The Korean phase II study ADORE evaluated whether addition of oxaliplatin to adjuvant therapy is of advantage in “high risk” histology [24]. 95% of patients completed planned chemotherapy cycles and 3-year-DFS was significantly better in patients receiving oxaliplatin (72 vs. 63%, p = 0.03), however restricted to patients with stage III disease [8, 24].

Although ADORE and CAO/ARO/AIO-04 trials showed a significant advantage of adjuvant chemotherapy regarding DFS when compared combined fluorouracil and oxaliplatin to fluorouracil alone, no further investigations were performed to determine whether complete vs. incomplete administration of the adjuvant chemotherapy significantly improve the OS or DFS [23, 24].

Our data show that CoC improves long-term oncological results, OS and DFS respectively, in rectal cancer patients when compared to incomplete adjuvant therapy. In our analysis considerably more patients underwent all chemotherapy cycles in the adjuvant compared to the neoadjuvant group and this was similar in the capecitabine and 5-FU group. This is might be explained due to the additional side-effects of concomitant radiotherapy in the latter group. A higher rate of gastrointestinal side-effects like proctitis and diarrhoea was noticed during radiotherapy in the capecitabine group [10]. Moreover, acute and chronic side-effects of neoadjuvant CRT or short course radiotherapy followed by surgery have been described to influence the postoperative course of the patients [25,26,27,28,29]. The toxicity of neoadjuvant therapy was shown to influence the rate of postoperative complications when compared to surgery alone [30]. A substantial percentage of patients will not be able to complete the scheduled adjuvant therapy.
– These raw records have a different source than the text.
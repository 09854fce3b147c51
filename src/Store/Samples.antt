-- ===== src/Store/Samples.antt =====
-- Test data: a store that keeps its registry in memory and never fails, which keeps the contract, and
-- a reader of two JSON texts.
use super_victor.Prelude.{
  Option, none, some, List, [], ◌∷◌, ◌++◌, ◌≡◌, ◌≢◌, refl, if◌then◌else◌, take, filter, arith, inl,
  inr, Option-cases,
}
use super_victor.Prelude.Text.{Text, codes, ◌≟◌, ≟_iff, ≟_refl}
use super_victor.Prelude.Int.{ℤ, pos}
use super_victor.Exec.{ok, err, Exec}
use super_victor.Json.{value, invalid, SerdeJson, PayloadLaws}
use super_victor.Models.{
  UplinkMessage, RegisterDeviceRequest, DeviceRecord, device_already_exists, device_not_found,
  active,
}
use super_victor.Store.{DeviceStore}
use super_victor.Store.Contract.{
  Registry, find, set_status, IsDeviceStore, PutDevice, stored, duplicate, found, SetStatus,
  updated, missing,
}

-- An object is its fields, `empty` at the end.
pub data Value : Type 0 where
  null empty : Value
  string : Text → Value
  number : ℤ → Value
  entry : Text → Value → Value → Value

unfoldable pub object : List (Text × Value) → Value
object [] = empty
object ((k, v) ∷ fs) = entry k v (object fs)

unfoldable pub get : Value → Text → Option Value
get (entry j v rest) k = if j ≟ k then some v else get rest k
get _ k = none

-- Sets a field in front of the others.
abbrev pub set_index : Value → Text → Value → Value
set_index o k v = entry k v o

unfoldable pub as_str : Value → Option Text
as_str (string t) = some t
as_str _ = none

abbrev pub uplink_text : Text
uplink_text = codes "{\"id\":\"dev-1\",\"current\":7,\"fw\":\"1.2\"}"

abbrev pub message : UplinkMessage
message = record { id = codes "dev-1"; current = pos 7; fw = some (codes "1.2") }

abbrev pub register_text : Text
register_text = codes "{\"device_id\":\"dev-1\",\"owner_id\":\"ann\"}"

abbrev pub request : RegisterDeviceRequest
request = record { device_id = codes "dev-1"; owner_id = codes "ann"; subject_dn = none }

abbrev pub json : SerdeJson Value
json = record {
  null = null;
  string = string;
  number = number;
  object = object;
  set_index = set_index;
  get = get;
  as_str = as_str;
  to_string = λ v. [];
  value_from_str = λ t. invalid (codes "unexpected");
  uplink_from_str = λ t. if t ≟ uplink_text then value message else invalid (codes "unexpected");
  register_from_str =
      λ t. if t ≟ register_text then value request else invalid (codes "unexpected");
}

pub get_set : (v w : Value) (k : Text) → get (set_index v k w) k ≡ some w
unfolding get
get_set v w k = rw ≟_refl

pub get_absent : (k j : Text) (v : Value) → j ≢ k → get (object ((k, v) ∷ [])) j ≡ none
unfolding get object
get_absent k j v h = ground (arith, ≟_iff k j)

pub as_str-string : (t : Text) → as_str (string t) ≡ some t
unfolding as_str
as_str-string t = refl

abbrev pub laws : PayloadLaws json
laws = record { get_set = get_set; get_absent = get_absent; as_str-string = as_str-string }

unfoldable pub put_device : DeviceRecord → Exec (Registry Value) Value DeviceRecord
put_device r s = elim (find r.device_id s.devices) [
  | some d ↦ (err (device_already_exists r.device_id), s)
  | none ↦ (ok r, record s { devices = s.devices ++ r ∷ [] })
]

unfoldable pub change_status : Text → Text → Exec (Registry Value) Value DeviceRecord
change_status id status s = elim (find id s.devices) [
  | some d ↦
      (ok (record d { status = status }), record s { devices = set_status id status s.devices })
  | none ↦ (err (device_not_found id), s)
]

abbrev pub memory : DeviceStore Value (Registry Value)
memory = record {
  put_device = put_device;
  get_device = λ id s. (ok (find id s.devices), s);
  list_devices = λ s. (ok s.devices, s);
  put_uplink = λ u s. (ok tt, record s { uplinks = s.uplinks ++ u ∷ [] });
  get_uplinks = λ id n s. (ok (take n (filter (λ u. u.device_id ≟ id) s.uplinks)), s);
  set_device_status = change_status;
  latest_uplinks = λ s. (ok s.uplinks, s);
}

put_device-PutDevice :
    (r : DeviceRecord) (s : Registry Value) → PutDevice (λ t. t) s r (put_device r s)
unfolding put_device
put_device-PutDevice r s = elim (Option-cases (find r.device_id s.devices)) [
  | inl e ↦ rw (put_device, e) (stored _ e refl)
  | inr (d, e) ↦ rw (put_device, e) (duplicate _ d e refl)
]

change_status-SetStatus :
    (id status : Text) (s : Registry Value)
    → SetStatus (λ t. t) s id status (change_status id status s)
unfolding change_status
change_status-SetStatus id status s = elim (Option-cases (find id s.devices)) [
  | inl e ↦ rw (change_status, e) (missing _ e refl)
  | inr (d, e) ↦ rw (change_status, e) (updated _ d e refl)
]

pub memory-IsDeviceStore : IsDeviceStore memory (λ t. t)
memory-IsDeviceStore = record {
  put_device = put_device-PutDevice;
  get_device = λ id s. found s refl;
  put_uplink = λ u s. stored _ refl;
  set_device_status = change_status-SetStatus;
}

abbrev pub device : DeviceRecord
device = record {
  device_id = codes "dev-1";
  owner_id = codes "ann";
  subject_dn = none;
  status = active;
  created_at = codes "2026-01-01T00:00:00Z";
}

abbrev pub one_device : Registry Value
one_device = record { devices = device ∷ []; uplinks = [] }

abbrev pub no_devices : Registry Value
no_devices = record { devices = []; uplinks = [] }
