-- ===== src/Dashboard/Examples.antt =====
-- The dashboard's forms on test data.
use super_victor.Prelude.{
  some_same, suc, ◌≡◌, ◌≢◌, refl, sym, ◌∙◌, ◌↔◌, Bool, true, Option, none, some, List, [], ◌∷◌,
  ◌++◌, arith, ◌==◌, length, any, take, drop,
}
use mathlib.Core.Path.{subst}
use super_victor.Prelude.Text.{Text, codes, IsAscii}
use super_victor.Prelude.Str.{trim, split, split_once}
use super_victor.Json.{Parsed, value, invalid, SerdeJson}
use super_victor.Models.{RegisterDeviceRequest}
use super_victor.Store.Samples.{
  Value, null, string, number, object, entry, memory, memory-IsDeviceStore, one_device, get,
  set_index, as_str,
}
use super_victor.Dashboard.{
  csrf_cookie, cookie_value, csrf_ok, RegisterForm, StatusForm, set_status,
}
use super_victor.Dashboard.Csrf.{csrf_ok_iff}
use super_victor.Dashboard.Actions.{StatusOutcome, set_status-Outcome}

abbrev cookies : List (Option Text)
cookies = none ∷ some (codes "a=b; sv_csrf=c0ffee") ∷ []

found : cookie_value cookies csrf_cookie ≡ some (codes "c0ffee")
unfolding cookie_value trim split split_once
found = refl

found_IsAscii : (c : Text) → cookie_value cookies csrf_cookie ≡ some c → IsAscii c
found_IsAscii c e = subst IsAscii (some_same (sym found ∙ e)) (omega arith)

csrf_ok_iff_example :
    (csrf_ok cookies (codes "c0ffee") ≡ true)
    ↔ ((cookie_value cookies csrf_cookie ≡ some (codes "c0ffee")) × (codes "c0ffee" ≢ []))
csrf_ok_iff_example = csrf_ok_iff cookies (codes "c0ffee") (omega arith) found_IsAscii

abbrev inactive_form : StatusForm
inactive_form = record { csrf = codes "c0ffee"; status = codes "inactive" }

set_status-Outcome_example :
    StatusOutcome
      (λ t. t)
      cookies
      (codes "dev-1")
      inactive_form
      one_device
      (set_status memory cookies (codes "dev-1") inactive_form one_device)
set_status-Outcome_example =
    set_status-Outcome memory-IsDeviceStore cookies one_device (codes "dev-1") inactive_form

-- A writer of the form's object that keeps the lengths of the fields, and its reader.
unfoldable write_subject : Value → Text
write_subject (string t) = 1 ∷ t
write_subject v = 0 ∷ []

unfoldable write_fields : Value → Text
unfolding write_subject
write_fields (entry _ (string id) (entry _ (string owner) (entry _ subject _))) =
    length id ∷ (id ++ length owner ∷ (owner ++ write_subject subject))
write_fields v = []

unfoldable read_subject : Text → Text → Text → Parsed RegisterDeviceRequest
read_subject id owner (suc _ ∷ t) =
    value (record { device_id = id; owner_id = owner; subject_dn = some t })
read_subject id owner _ = value (record { device_id = id; owner_id = owner; subject_dn = none })

unfoldable read_owner : Text → Text → Parsed RegisterDeviceRequest
unfolding read_subject
read_owner id (n ∷ t) = read_subject id (take n t) (drop n t)
read_owner id [] = invalid []

unfoldable read_fields : Text → Parsed RegisterDeviceRequest
unfolding read_owner
read_fields (_ ∷ n ∷ t) = read_owner (take n t) (drop n t)
read_fields _ = invalid []

abbrev json : SerdeJson Value
json = record {
  null = null;
  string = string;
  number = number;
  object = object;
  set_index = set_index;
  get = get;
  as_str = as_str;
  to_string = λ v. b'{' ∷ write_fields v;
  value_from_str = λ t. invalid [];
  uplink_from_str = λ t. invalid [];
  register_from_str = read_fields;
}

has_brace : Text → Bool
has_brace t = any (λ c. c == b'{') t

abbrev form : RegisterForm
form = record {
  csrf = codes "c0ffee";
  device_id = codes "dev-2";
  owner_id = codes "ann";
  subject_dn = codes " ";
}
This is mostly due to suboptimal compliance with the therapy which can be explained by chemotherapy toxicity and postoperative complications such as stoma-related morbidity, high-output stoma, stoma prolapse or bowel occlusion, wound infection or anastomotic leakage [11, 31,32,33,34]. To improve CoC we designed a multicentre prospective randomized trial which addresses one of these factors which influence postoperative morbidity. This trial is analyzing the influence of a protective stoma on the administration of the complete adjuvant chemotherapy in patients with stage II – III rectal cancer [8, 35]. CoC is the primary endpoint and the trial will allow us also to evaluate the influence of dose reduction on patients’ survival. This trial is currently recruiting and 231 patients are randomized until now.

Conclusions

Complete administration of scheduled adjuvant chemotherapy cycles was associated with improved survival in patients with locally advanced rectal cancer. Patient compliance should be improved in order to increase the rate of completeness of chemotherapy.